Exercise requirements: Which of the lines below hold the word "calls"? Pull each of them out.

Provided data:
****
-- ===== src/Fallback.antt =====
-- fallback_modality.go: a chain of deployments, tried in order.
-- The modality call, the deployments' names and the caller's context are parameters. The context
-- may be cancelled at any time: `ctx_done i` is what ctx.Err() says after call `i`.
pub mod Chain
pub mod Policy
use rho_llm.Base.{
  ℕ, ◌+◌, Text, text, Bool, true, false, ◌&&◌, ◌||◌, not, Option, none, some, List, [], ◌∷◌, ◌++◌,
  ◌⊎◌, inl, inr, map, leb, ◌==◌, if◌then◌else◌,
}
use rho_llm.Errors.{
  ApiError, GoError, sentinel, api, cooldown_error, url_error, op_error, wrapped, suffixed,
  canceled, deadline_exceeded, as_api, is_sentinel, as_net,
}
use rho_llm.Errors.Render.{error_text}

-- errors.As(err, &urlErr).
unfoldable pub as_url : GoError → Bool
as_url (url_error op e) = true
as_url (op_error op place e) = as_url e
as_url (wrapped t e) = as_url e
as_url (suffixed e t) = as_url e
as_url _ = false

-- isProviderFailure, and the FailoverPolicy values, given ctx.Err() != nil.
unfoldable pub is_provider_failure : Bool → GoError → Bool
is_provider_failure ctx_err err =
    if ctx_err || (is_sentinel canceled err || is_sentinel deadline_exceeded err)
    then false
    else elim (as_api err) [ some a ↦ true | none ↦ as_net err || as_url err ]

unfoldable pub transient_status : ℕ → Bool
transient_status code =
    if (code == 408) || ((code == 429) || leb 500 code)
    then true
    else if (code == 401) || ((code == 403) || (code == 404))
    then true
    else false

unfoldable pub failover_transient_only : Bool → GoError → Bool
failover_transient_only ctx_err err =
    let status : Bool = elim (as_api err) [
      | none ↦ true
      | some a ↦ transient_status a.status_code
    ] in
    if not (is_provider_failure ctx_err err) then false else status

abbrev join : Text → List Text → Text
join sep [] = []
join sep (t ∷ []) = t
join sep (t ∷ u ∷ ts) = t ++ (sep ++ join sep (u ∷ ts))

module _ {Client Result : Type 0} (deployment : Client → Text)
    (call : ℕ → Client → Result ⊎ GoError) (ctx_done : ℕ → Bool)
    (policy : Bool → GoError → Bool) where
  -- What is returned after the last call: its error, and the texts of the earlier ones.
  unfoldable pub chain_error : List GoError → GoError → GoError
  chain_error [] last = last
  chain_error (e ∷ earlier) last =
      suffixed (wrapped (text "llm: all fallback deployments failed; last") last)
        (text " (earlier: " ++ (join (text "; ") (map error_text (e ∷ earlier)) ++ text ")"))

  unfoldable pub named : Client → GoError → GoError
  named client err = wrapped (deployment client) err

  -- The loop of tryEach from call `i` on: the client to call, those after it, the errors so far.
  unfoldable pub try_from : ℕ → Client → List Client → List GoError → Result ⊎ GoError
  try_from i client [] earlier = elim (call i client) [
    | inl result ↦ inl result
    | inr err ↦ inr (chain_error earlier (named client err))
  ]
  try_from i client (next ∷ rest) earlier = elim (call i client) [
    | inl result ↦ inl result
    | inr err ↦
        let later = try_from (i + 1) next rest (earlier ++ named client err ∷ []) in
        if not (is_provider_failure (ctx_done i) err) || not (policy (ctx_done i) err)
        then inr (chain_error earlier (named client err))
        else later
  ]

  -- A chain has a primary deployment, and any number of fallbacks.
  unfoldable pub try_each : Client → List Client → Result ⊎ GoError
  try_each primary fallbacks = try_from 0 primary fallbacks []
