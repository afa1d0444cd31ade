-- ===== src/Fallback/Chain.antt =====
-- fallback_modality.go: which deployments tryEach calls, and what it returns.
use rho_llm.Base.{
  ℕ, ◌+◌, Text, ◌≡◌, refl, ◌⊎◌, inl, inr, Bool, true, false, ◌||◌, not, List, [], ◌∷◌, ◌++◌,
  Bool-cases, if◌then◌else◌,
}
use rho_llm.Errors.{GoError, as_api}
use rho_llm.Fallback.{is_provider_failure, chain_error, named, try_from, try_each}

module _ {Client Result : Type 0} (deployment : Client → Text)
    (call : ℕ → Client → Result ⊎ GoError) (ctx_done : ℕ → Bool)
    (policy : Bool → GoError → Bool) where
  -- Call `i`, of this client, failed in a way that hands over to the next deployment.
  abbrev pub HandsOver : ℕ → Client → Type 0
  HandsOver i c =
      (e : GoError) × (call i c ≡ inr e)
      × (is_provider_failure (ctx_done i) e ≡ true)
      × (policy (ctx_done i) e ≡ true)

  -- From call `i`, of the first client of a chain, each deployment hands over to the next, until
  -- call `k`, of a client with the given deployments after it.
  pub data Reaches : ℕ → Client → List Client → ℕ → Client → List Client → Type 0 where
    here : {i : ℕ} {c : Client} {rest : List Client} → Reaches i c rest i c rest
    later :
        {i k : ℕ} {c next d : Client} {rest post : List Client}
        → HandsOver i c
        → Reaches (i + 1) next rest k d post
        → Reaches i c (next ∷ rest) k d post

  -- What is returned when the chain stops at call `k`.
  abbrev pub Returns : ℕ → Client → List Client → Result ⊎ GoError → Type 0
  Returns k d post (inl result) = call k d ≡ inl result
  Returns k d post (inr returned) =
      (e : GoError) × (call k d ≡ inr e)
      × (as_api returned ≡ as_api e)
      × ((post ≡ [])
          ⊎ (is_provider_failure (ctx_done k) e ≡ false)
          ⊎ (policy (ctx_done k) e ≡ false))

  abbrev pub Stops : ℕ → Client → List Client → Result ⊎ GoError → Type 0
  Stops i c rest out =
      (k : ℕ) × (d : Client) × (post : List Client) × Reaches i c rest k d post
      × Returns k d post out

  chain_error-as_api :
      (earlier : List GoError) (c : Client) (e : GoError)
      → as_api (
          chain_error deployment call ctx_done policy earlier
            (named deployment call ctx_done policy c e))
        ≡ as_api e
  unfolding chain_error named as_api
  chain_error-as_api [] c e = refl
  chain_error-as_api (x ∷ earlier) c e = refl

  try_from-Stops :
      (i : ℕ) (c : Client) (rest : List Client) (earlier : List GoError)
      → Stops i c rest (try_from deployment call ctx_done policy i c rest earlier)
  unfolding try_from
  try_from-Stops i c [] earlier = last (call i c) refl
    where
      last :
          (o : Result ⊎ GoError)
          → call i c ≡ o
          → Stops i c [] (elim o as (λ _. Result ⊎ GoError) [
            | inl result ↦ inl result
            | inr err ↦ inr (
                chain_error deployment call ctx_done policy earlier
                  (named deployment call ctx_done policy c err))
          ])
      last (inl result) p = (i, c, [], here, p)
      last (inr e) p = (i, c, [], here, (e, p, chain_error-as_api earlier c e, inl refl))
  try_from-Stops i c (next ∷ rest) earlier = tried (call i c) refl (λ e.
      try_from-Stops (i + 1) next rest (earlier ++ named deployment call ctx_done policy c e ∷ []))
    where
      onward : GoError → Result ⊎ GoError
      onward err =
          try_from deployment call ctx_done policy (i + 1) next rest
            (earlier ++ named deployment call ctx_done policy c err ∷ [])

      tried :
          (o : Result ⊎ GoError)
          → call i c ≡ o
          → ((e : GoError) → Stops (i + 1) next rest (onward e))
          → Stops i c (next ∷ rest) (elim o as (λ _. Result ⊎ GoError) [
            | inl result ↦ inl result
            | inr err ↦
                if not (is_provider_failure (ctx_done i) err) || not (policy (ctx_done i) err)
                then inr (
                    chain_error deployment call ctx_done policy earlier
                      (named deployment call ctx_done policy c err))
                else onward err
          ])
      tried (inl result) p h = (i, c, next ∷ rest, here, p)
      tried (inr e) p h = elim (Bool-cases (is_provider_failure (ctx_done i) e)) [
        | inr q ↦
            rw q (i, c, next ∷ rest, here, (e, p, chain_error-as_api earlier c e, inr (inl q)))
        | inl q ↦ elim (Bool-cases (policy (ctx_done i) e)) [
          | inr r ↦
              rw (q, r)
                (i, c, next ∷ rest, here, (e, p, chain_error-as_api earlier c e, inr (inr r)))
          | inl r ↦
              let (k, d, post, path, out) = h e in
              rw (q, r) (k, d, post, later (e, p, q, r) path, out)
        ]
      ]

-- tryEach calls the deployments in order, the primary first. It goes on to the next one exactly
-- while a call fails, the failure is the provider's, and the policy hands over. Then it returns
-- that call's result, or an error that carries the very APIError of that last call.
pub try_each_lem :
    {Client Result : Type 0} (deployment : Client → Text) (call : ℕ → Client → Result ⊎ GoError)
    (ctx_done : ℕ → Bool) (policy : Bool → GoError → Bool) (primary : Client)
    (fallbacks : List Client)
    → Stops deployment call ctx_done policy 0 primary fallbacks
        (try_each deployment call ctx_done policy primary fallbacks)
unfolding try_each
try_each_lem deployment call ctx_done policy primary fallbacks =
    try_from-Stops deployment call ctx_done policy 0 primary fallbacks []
****
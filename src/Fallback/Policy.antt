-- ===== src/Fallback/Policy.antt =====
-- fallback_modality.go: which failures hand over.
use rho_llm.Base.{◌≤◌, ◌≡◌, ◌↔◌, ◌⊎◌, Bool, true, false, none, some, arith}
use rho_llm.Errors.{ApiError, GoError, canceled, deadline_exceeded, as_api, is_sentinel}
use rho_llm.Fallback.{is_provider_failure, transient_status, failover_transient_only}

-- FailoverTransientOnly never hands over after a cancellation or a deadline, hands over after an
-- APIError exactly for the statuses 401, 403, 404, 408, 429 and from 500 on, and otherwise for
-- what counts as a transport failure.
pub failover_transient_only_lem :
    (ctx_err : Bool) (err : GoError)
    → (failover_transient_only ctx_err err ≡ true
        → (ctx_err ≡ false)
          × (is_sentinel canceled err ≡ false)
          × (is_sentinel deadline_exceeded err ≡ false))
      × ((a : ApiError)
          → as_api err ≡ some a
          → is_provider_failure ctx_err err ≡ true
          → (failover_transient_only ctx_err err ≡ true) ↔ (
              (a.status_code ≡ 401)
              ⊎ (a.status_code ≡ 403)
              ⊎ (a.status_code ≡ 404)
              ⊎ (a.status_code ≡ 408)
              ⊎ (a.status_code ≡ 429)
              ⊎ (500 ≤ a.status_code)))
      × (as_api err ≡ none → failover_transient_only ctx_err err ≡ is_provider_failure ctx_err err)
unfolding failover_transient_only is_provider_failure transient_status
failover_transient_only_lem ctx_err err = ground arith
****
Solution to this task:
-- fallback_modality.go: which deployments tryEach calls, and what it returns.
-- tryEach calls the deployments in order, the primary first. It goes on to the next one exactly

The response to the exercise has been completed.